TASK INSTRUCTIONS → Which lines in the data contain the word "some"? Please copy each of them.

SUPPLIED DATA →
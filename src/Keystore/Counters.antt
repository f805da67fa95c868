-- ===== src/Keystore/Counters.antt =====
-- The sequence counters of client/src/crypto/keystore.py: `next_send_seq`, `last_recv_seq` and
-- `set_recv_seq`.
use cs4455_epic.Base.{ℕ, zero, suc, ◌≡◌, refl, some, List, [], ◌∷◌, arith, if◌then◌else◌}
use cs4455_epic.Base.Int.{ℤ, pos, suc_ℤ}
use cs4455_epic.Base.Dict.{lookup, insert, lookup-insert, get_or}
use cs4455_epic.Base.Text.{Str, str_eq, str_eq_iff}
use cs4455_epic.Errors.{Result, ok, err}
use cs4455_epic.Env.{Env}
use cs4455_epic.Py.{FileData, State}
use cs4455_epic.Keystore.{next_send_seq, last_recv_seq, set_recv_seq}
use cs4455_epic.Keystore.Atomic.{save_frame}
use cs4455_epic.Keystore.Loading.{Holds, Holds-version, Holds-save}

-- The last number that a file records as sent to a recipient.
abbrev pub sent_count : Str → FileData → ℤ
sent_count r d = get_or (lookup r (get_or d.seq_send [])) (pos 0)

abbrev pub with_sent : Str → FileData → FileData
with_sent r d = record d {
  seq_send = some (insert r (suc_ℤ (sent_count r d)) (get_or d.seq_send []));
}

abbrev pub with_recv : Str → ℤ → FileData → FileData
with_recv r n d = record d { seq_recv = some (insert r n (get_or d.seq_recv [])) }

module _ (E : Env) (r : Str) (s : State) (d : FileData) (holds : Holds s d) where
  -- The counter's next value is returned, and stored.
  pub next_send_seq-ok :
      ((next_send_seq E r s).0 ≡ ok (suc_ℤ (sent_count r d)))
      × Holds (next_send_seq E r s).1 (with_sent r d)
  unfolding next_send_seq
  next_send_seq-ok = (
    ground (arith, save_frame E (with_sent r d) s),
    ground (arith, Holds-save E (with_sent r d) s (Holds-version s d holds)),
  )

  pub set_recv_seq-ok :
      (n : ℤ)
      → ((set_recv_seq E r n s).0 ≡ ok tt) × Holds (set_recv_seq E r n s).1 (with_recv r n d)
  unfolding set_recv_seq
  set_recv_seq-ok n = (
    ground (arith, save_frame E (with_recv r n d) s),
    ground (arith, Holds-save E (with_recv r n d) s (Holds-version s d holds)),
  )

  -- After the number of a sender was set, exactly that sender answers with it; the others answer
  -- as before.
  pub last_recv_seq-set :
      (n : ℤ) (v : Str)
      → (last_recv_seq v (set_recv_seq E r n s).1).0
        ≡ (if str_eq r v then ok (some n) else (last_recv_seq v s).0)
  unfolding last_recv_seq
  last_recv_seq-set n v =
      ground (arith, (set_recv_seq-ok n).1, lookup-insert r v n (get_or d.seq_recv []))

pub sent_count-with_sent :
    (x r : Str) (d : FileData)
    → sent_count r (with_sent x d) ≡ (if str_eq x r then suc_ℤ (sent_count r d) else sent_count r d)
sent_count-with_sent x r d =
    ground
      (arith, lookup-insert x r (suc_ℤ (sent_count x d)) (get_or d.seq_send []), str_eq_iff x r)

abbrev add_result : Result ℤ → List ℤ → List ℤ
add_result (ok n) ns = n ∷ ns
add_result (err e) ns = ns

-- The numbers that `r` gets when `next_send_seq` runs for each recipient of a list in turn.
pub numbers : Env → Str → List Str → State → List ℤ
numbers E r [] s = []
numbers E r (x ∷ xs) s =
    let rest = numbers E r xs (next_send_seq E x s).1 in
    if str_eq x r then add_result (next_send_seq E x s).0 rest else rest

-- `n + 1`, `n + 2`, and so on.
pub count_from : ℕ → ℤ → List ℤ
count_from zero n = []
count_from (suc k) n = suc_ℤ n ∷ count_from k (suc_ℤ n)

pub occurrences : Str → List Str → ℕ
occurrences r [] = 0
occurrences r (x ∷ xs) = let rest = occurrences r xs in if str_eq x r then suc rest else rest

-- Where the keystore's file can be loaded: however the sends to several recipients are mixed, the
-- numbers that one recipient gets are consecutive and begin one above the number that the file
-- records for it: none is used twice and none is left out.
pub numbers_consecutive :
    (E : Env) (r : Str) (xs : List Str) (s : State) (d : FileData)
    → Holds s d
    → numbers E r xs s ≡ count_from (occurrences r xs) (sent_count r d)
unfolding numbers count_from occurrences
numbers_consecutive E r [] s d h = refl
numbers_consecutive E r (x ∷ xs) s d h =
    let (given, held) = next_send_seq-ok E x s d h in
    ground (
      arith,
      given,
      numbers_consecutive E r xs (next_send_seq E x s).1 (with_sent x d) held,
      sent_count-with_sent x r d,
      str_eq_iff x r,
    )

THE COMPLETED TASK →
use cs4455_epic.Base.{ℕ, zero, suc, ◌≡◌, refl, some, List, [], ◌∷◌, arith, if◌then◌else◌}
  seq_send = some (insert r (suc_ℤ (sent_count r d)) (get_or d.seq_send []));
with_recv r n d = record d { seq_recv = some (insert r n (get_or d.seq_recv [])) }
        ≡ (if str_eq r v then ok (some n) else (last_recv_seq v s).0)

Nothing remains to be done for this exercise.